"We don't know what effect all these changes might have, but it's clear that when scientists are looking only at the agents' effects on a particular gene or a few particular genes, they aren't seeing the whole picture," says Andrew Feinberg, M.D., M.P.H., King Fahd Professor of Medicine at Johns Hopkins. Their report appears in the October issue of Cancer Cell.

The research team probed the global effects of each of three approaches to unhooking methyl groups from genes' DNA. Cells normally use methyl groups to "mark" certain genes, indicating whether their instructions should or shouldn't be used for making proteins, but the marks are frequently disrupted in cancer cells.

For example, in cancer cells genes that normally stifle cell growth -- so-called tumor suppressor genes -- are shut down because extra methyl groups are hanging on to them. If these extra methyl groups could be removed, the thinking has gone, the gene could be restarted and the cancer slowed or stopped.

But the new work shows that while the agents tested do restart cancer-suppressing genes, they also knock methyl groups off other genes. Moreover, some of the unexpectedly affected genes are turned on, but an equal number -- hundreds -- of other genes are turned off.

The findings don't mean automatic failure for clinical trials of so-called demethylation agents, but they do indicate that careful attention should be paid to results of laboratory experiments and clinical trials that use the agents, since so many genes are affected, says Feinberg.

"It was kind of assumed that removing methyl groups would turn some genes on and others off, but the deactivation side of the coin had been largely ignored as being a minor effect," adds David Gius, M.D., Ph.D., chief of molecular radiation oncology at the NCI. "Now we know for sure that removing methyl groups has both consequences and to equal extents."

In their experiments, the researchers examined the expression of nearly 8,000 genes simultaneously in a colon cancer cell line (called HCT116). By studying the genetic "fingerprint" of a sample before and after demethylation, they could measure how the treatments affected the extent to which the genes' instructions were being used to make proteins.
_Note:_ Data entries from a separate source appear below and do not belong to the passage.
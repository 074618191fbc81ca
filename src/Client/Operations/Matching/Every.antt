-- ===== src/Client/Operations/Matching/Every.antt =====
-- Every operation of crates/netfilum-client/src/mount.rs over two servers that answer alike.
use netfilum.Prelude.{ℕ, ◌≡◌, refl, arith, inl, inr, Bool, true, false, Option, none, some}
use netfilum.Prelude.Texts.{Text, Bytes}
use netfilum.Prelude.Results.{Run, Result-cases, ◌>>=◌, pure}
use netfilum.Protocol.{Request}
use netfilum.Client.Path.{nt_path_to_relative}
use netfilum.Client.Context.{Environment, RpcFsContext}
use netfilum.Client.Operations as Operations
use netfilum.Client.Operations.{
  Opened, FileSecurity, on_path, on_mount, write_payload, write_entries, write_dir_entry, on_buffer,
  acquired, fill_buffer, write_special_dir_entry, created_kind, constrain, removal, should_delete,
}
use netfilum.Client.Operations.Performed.{Operation}
use netfilum.Client.Operations.Requests.{Asked}
use netfilum.Client.Operations.Replies.{Reply, replying}
use netfilum.Client.Operations.Matching.Runs.{
  get_file_info-Matches, flush_file-Matches, set_file_size-Matches, set_basic_info-Matches,
  read-Matches, write-Matches,
}
use netfilum.Client.Operations.Matching.Listings.{read_directory-Matches}
use netfilum.Client.Operations.Matching.Twins.{
  Twins, First, Second, view_open, MatchesOpen, call-Matches, fetch_attr-Matches,
}

-- Two runs that agree from one state.
abbrev pub Agree : {W V X A : Type 0} → (W → V) → Run W X A → Run V X A → W → Type 0
Agree view m n s = ((m s).0 ≡ (n (view s)).0) × (view (m s).1 ≡ (n (view s)).1)

module _ {W V X : Type 0} (view : W → V) where
  Agree-wrap :
      {A B : Type 0} (m : Run W X A) (n : Run V X A) (f : A → B) (s : W)
      → Agree view m n s
      → Agree view (m >>= λ a. pure (f a)) (n >>= λ a. pure (f a)) s
  Agree-wrap m n f s h = elim (Result-cases (m s).0) [
    | inl (a, e) ↦ ground (arith, h)
    | inr (x, e) ↦ ground (arith, h)
  ]

module _ (E : Environment) (Asks : Request → Type 0) (T : Twins Asks) where
  abbrev A : Environment
  A = First E Asks T

  abbrev B : Environment
  B = Second E Asks T

  abbrev pub view_fs : RpcFsContext A → RpcFsContext B
  view_fs fs = record {
    security_descriptor = fs.security_descriptor;
    volume_label = fs.volume_label;
  }

  abbrev AgreeOpen :
      {X : Type 0} → Run (Opened A) E.FspError X → Run (Opened B) E.FspError X → Opened A → Type 0
  AgreeOpen m n o = Agree (view_open E Asks T) m n o

  wrapped :
      {X : Type 0} (m : Run (Opened A) E.FspError X) (n : Run (Opened B) E.FspError X)
      (f : X → Reply) (o : Opened A)
      → T.At o.mounted.world
      → MatchesOpen E Asks T o.context.path m n
      → AgreeOpen (m >>= λ a. pure (f a)) (n >>= λ a. pure (f a)) o
  wrapped m n f o h k =
      Agree-wrap (view_open E Asks T) m n f o (k.same o (h, refl), k.seen o (h, refl))

  module _ (fs : RpcFsContext A) (o : Opened A) (at : T.At o.mounted.world) where
    open_path-Agree :
        (name : Text)
        → Asks (Request.stat (nt_path_to_relative name))
        → AgreeOpen
            (replying A fs (Operation.open_path name))
            (replying B (view_fs fs) (Operation.open_path name))
            o
    unfolding Operations.open_path
    open_path-Agree name asked =
        let m = fetch_attr-Matches E Asks T (nt_path_to_relative name) asked in
        ground (arith, m.same o.mounted at, m.seen o.mounted at)

    create-Agree :
        (name : Text) (options attributes size : ℕ)
        → Asks (Request.create (nt_path_to_relative name) (created_kind options) attributes size)
        → AgreeOpen
            (replying A fs (Operation.create name options attributes size))
            (replying B (view_fs fs) (Operation.create name options attributes size))
            o
    unfolding Operations.create
    create-Agree name options attributes size asked =
        let m = call-Matches E Asks T _ asked in
        ground (arith, m.same o.mounted at, m.seen o.mounted at)

    get_security-Agree :
        (name : Text) (target : Option Bytes) (reparse : Option FileSecurity)
        → Asks (Request.stat (nt_path_to_relative name))
        → AgreeOpen
            (replying A fs (Operation.get_security_by_name name target reparse))
            (replying B (view_fs fs) (Operation.get_security_by_name name target reparse))
            o
    unfolding Operations.get_security_by_name
    get_security-Agree name target (some r) asked = (refl, refl)
    get_security-Agree name target none asked =
        let m = fetch_attr-Matches E Asks T (nt_path_to_relative name) asked in
        ground (arith, m.same o.mounted at, m.seen o.mounted at)

    get_volume_info-Agree :
        Asks Request.get_volume_info
        → AgreeOpen
            (replying A fs Operation.get_volume_info)
            (replying B (view_fs fs) Operation.get_volume_info)
            o
    unfolding Operations.get_volume_info
    get_volume_info-Agree asked =
        let m = call-Matches E Asks T _ asked in
        ground (arith, m.same o.mounted at, m.seen o.mounted at)

    flush_volume-Agree :
        Asks (Request.flush none)
        → AgreeOpen
            (replying A fs Operation.flush_volume)
            (replying B (view_fs fs) Operation.flush_volume)
            o
    unfolding Operations.flush_volume
    flush_volume-Agree asked =
        let m = call-Matches E Asks T _ asked in
        ground (arith, m.same o.mounted at, m.seen o.mounted at)

    rename-Agree :
        (name : Text) (replace : Bool)
        → Asks (Request.rename o.context.path (nt_path_to_relative name) replace)
        → AgreeOpen
            (replying A fs (Operation.rename name replace))
            (replying B (view_fs fs) (Operation.rename name replace))
            o
    unfolding Operations.rename
    rename-Agree name replace asked =
        let m = call-Matches E Asks T _ asked in
        ground (arith, m.same o.mounted at, m.seen o.mounted at)

    set_delete-Agree :
        (delete : Bool)
        → Asks (Request.can_delete o.context.path o.context.kind)
        → AgreeOpen
            (replying A fs (Operation.set_delete delete))
            (replying B (view_fs fs) (Operation.set_delete delete))
            o
    unfolding Operations.set_delete
    set_delete-Agree false asked = (refl, refl)
    set_delete-Agree true asked =
        let m = call-Matches E Asks T _ asked in
        ground (arith, m.same o.mounted at, m.seen o.mounted at)

    cleanup-Agree :
        (flags : ℕ)
        → Asks (removal o.context.kind o.context.path)
        → AgreeOpen
            (replying A fs (Operation.cleanup flags))
            (replying B (view_fs fs) (Operation.cleanup flags))
            o
    unfolding Operations.cleanup should_delete
    cleanup-Agree flags asked =
        let m = call-Matches E Asks T _ asked in (refl, ground (arith, m.seen o.mounted at))

    -- Over two servers of which the second answers to the requests of an operation as the first one
    -- does, the operation returns the same, and what it leaves is related: the servers' worlds, the
    -- state of the mount and the open file.
    pub replying-Agree :
        (op : Operation)
        → ((r : Request) → Asked o.context.path o.context.kind op r → Asks r)
        → AgreeOpen (replying A fs op) (replying B (view_fs fs) op) o
    replying-Agree (Operation.get_security_by_name name target reparse) k =
        get_security-Agree name target reparse (k _ refl)
    replying-Agree (Operation.open_path name) k = open_path-Agree name (k _ refl)
    replying-Agree (Operation.create name options attributes size) k =
        create-Agree name options attributes size (k _ refl)
    replying-Agree Operation.get_volume_info k = get_volume_info-Agree (k _ refl)
    replying-Agree (Operation.cleanup flags) k = cleanup-Agree flags (k _ refl)
    replying-Agree Operation.flush_file k =
        wrapped _ _ _ o at
          (flush_file-Matches E Asks T o.context.path (k _ (inl refl)) (k _ (inr refl)))
    replying-Agree Operation.flush_volume k = flush_volume-Agree (k _ refl)
    replying-Agree Operation.get_file_info k =
        wrapped _ _ _ o at (get_file_info-Matches E Asks T o.context.path (k _ refl))
    replying-Agree Operation.set_security k = unfold Operations.set_security in (refl, refl)
    replying-Agree (Operation.get_security target) k =
        unfold Operations.get_security in (refl, refl)
    replying-Agree (Operation.read_directory marker) k =
        wrapped _ _ _ o at
          (read_directory-Matches E Asks T o.context.path marker (k _ (inl refl)) (k _ (inr refl)))
    replying-Agree (Operation.rename name replace) k = rename-Agree name replace (k _ refl)
    replying-Agree (Operation.set_basic_info attributes created accessed modified changed) k =
        wrapped _ _ _ o at (
          set_basic_info-Matches E Asks T o.context.path attributes created accessed modified
            changed (k _ refl))
    replying-Agree (Operation.set_delete delete) k = set_delete-Agree delete (k _ refl)
    replying-Agree (Operation.set_file_size size allocation) k =
        wrapped _ _ _ o at
          (set_file_size-Matches E Asks T o.context.path size allocation (k _ refl))
    replying-Agree (Operation.read buffer offset) k =
        wrapped _ _ _ o at (read-Matches E Asks T o.context.path buffer offset (k _ refl))
    replying-Agree (Operation.write buffer offset to_eof constrained) k = wrapped _ _ _ o at (
        write-Matches E Asks T o.context.path buffer offset to_eof constrained (k _ (inl refl))
          (λ d rest h. k _ (inr (d, rest, h, refl))))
One chemical agent they tested, 5-aza-2'-deoxycytidine, blocks addition of methyl groups to DNA and is currently in early clinical trials for leukemia. The researchers also tested the effects of knocking out of the cancer cell line either of two genes that encode proteins (DNA methyltransferases) that hook methyl groups onto the DNA, as well as knocking out both genes in the same cell. They compared these methyl-based mechanisms of gene regulation to a chromosome-based one, also in early clinical trials, using a chemical called trichostatin A, or TSA, that gently unravels the chromosomes, exposing genes and allowing their instructions to be read.

Much to the team's surprise, both chemical agents -- one methyl-based and one chromosome-based -- created similar patterns of changes in gene expression in the cell lines, says Hengmi Cui, Ph.D., assistant professor of medicine. However, the genetic knockouts' patterns of genetic changes were not similar to those of chemical demethylation.

While the number of affected genes differed, all of the methods turned off as many genes as they turned on, including entire gene families that might play a role in cancer's development or contribute to its aggressive nature.

The researchers are now investigating further some of the individual genes and gene families affected by the various treatments, and studying the mechanisms by which the chemical agents and the gene knockouts affect methylation and gene expression.

For example, the demethylation chemical was thought to act indirectly -- preventing re-methylation, so to speak -- as proteins were turned over and recycled in the cell. Because the effects of this agent were similar at both one day and five days after treatment, the researchers suggest the agent might have a more direct effect than previously thought.

Methylation of genes is an example of epigenetics, which are inheritable modifications to chromosomes and genes other than changes in the DNA sequence itself.

The research was funded by the National Cancer Institute. Authors on the study are Cui, Feinberg, Sheri Brandenburg and Yali Hu of Johns Hopkins; Gius, Matthew Bradbury, John Cook, DeeDee Smart, Shuping Zhao, Kheem Bisht, Allen Ho, David Mattson, Lunching Sun, Eric Chuang and James Mitchell of the National Cancer Institute; and Lynn Young and Peter Munson of the Center for Information Technology at the National Institutes of Health.